___ Source information
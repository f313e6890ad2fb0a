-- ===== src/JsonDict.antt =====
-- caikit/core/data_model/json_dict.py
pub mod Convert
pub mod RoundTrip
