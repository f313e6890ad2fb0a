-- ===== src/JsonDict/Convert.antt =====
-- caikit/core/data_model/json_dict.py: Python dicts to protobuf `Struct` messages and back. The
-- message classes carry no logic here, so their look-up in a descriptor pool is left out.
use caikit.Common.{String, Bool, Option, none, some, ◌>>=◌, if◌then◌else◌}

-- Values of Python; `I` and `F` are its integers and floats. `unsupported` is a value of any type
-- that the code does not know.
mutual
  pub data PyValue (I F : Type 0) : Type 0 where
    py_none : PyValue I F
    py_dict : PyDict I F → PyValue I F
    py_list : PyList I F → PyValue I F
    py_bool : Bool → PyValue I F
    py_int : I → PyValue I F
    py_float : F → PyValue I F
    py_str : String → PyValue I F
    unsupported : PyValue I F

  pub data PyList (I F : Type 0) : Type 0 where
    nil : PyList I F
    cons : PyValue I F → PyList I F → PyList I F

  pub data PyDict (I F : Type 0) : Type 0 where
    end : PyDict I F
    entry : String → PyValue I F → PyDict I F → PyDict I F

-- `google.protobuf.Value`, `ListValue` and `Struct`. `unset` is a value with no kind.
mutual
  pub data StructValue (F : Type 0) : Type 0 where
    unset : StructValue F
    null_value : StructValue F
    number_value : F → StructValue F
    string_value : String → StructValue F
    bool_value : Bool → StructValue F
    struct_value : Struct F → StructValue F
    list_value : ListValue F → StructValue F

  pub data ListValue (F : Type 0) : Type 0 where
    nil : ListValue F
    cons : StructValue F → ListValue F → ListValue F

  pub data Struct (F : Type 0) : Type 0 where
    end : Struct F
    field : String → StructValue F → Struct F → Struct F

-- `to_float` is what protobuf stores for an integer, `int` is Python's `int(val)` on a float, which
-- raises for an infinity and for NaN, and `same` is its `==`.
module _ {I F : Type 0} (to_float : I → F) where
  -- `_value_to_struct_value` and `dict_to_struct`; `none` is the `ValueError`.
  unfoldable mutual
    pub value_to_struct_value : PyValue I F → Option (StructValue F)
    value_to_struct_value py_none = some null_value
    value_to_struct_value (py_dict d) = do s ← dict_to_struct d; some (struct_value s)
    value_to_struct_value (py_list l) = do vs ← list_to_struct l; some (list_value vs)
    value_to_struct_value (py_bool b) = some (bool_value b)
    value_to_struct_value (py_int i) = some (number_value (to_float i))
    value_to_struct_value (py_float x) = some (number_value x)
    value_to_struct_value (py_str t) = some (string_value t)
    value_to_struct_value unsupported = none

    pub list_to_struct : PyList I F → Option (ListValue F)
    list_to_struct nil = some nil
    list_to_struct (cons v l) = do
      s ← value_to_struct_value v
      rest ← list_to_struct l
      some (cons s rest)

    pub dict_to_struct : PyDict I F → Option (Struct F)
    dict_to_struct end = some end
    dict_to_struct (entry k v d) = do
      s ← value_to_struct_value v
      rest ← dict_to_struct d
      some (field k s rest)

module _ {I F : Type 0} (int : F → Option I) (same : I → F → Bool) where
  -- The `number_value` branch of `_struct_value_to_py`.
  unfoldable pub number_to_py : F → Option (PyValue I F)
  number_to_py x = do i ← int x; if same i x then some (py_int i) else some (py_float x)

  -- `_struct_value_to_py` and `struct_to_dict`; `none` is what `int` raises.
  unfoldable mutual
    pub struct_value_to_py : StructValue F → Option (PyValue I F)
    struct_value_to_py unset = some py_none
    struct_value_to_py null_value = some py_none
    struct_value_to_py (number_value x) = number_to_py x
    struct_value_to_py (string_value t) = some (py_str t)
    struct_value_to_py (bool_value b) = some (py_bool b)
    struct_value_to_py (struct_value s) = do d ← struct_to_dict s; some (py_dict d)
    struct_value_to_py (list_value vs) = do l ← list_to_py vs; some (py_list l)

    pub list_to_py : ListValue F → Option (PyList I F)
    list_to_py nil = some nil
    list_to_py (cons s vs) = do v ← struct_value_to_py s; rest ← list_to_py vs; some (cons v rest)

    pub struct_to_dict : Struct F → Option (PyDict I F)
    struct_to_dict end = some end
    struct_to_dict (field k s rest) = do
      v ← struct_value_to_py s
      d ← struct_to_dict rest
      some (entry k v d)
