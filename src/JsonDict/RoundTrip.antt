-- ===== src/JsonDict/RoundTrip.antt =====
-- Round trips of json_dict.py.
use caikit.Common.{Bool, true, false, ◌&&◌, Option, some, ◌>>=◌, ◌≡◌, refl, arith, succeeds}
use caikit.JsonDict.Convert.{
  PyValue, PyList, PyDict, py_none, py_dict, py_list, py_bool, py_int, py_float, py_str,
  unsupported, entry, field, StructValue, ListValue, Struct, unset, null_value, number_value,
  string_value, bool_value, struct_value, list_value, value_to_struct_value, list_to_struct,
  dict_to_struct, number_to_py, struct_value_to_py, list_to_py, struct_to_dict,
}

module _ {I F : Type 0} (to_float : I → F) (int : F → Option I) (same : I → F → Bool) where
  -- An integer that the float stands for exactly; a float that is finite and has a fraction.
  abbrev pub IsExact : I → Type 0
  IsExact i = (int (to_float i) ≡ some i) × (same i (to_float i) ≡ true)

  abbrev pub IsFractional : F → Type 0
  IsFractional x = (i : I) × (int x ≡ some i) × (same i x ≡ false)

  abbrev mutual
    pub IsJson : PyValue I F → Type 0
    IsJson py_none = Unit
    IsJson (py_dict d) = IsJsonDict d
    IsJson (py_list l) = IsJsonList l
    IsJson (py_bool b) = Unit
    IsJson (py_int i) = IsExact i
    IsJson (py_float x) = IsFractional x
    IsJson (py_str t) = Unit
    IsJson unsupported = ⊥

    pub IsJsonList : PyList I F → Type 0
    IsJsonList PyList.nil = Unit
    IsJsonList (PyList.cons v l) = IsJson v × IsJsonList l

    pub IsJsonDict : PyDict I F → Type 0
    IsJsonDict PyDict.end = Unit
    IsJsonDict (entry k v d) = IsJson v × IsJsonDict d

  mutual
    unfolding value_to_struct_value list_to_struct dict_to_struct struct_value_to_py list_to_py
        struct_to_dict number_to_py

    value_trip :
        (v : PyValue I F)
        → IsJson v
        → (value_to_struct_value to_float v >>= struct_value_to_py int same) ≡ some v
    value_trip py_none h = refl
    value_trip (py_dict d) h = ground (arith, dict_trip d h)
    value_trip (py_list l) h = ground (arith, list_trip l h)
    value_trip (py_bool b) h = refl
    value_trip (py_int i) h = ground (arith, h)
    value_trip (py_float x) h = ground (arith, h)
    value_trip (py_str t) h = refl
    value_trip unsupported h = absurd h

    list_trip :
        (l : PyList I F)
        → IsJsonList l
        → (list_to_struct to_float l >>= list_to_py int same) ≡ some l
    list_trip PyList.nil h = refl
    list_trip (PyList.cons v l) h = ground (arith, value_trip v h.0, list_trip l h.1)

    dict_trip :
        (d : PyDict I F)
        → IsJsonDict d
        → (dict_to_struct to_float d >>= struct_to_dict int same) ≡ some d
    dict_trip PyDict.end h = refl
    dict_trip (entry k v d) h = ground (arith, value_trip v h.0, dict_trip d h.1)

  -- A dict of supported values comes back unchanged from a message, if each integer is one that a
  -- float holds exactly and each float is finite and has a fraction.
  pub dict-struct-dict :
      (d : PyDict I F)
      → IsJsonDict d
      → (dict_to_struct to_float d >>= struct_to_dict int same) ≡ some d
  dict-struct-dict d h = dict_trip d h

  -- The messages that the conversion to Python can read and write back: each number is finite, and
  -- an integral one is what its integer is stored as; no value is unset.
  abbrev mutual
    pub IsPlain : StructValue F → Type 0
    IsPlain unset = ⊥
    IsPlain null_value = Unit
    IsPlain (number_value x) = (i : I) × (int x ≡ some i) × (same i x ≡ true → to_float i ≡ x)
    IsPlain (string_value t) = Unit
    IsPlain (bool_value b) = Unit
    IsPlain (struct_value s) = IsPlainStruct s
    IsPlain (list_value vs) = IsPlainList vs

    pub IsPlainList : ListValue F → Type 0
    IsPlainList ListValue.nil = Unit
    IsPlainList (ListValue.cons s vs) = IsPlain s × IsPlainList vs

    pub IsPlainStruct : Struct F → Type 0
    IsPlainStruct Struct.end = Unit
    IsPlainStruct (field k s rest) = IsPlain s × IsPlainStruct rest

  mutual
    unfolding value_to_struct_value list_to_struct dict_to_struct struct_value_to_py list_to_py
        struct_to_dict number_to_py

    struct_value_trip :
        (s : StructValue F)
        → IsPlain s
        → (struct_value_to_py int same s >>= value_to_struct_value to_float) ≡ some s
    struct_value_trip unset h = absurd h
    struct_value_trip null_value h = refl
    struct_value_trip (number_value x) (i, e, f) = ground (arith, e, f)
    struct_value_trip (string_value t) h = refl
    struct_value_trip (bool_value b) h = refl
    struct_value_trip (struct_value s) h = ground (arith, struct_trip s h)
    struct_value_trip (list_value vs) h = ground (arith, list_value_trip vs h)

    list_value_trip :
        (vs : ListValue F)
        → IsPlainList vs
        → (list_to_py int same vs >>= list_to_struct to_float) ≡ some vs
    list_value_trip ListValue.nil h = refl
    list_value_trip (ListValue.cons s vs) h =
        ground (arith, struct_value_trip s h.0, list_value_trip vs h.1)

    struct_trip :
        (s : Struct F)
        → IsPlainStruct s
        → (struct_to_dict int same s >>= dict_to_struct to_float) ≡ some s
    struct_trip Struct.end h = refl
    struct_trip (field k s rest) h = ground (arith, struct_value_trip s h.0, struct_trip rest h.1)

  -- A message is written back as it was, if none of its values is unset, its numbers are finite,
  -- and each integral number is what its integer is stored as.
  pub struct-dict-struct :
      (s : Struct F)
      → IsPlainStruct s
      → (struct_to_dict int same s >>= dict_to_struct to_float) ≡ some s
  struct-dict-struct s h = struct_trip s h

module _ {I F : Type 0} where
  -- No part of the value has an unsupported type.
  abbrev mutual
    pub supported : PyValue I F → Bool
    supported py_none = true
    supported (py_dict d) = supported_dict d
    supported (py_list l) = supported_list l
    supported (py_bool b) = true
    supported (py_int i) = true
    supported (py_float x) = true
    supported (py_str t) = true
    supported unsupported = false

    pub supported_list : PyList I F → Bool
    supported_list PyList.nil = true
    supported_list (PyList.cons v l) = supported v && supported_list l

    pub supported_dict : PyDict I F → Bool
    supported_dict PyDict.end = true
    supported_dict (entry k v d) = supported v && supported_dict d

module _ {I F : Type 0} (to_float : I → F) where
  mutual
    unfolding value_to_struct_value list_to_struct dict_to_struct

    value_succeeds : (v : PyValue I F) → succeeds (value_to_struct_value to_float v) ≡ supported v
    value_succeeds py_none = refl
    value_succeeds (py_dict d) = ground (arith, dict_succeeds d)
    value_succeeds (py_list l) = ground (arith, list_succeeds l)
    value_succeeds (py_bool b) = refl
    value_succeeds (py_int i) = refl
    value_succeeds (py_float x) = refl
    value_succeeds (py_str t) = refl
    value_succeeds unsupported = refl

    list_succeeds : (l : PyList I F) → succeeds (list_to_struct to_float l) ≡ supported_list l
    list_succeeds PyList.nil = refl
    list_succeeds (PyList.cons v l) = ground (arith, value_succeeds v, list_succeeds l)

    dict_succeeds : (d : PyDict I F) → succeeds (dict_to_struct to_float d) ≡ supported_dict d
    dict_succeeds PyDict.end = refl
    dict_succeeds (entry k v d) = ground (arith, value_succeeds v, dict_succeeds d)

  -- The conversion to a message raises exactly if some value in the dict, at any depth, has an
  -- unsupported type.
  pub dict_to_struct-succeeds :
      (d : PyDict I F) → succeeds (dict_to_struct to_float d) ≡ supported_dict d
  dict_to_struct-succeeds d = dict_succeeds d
______
__Exercise objective__
Return, from the data, each line that has the word "exactly" in it.

__Task output__
  -- An integer that the float stands for exactly; a float that is finite and has a fraction.
  -- float holds exactly and each float is finite and has a fraction.
  -- The conversion to a message raises exactly if some value in the dict, at any depth, has an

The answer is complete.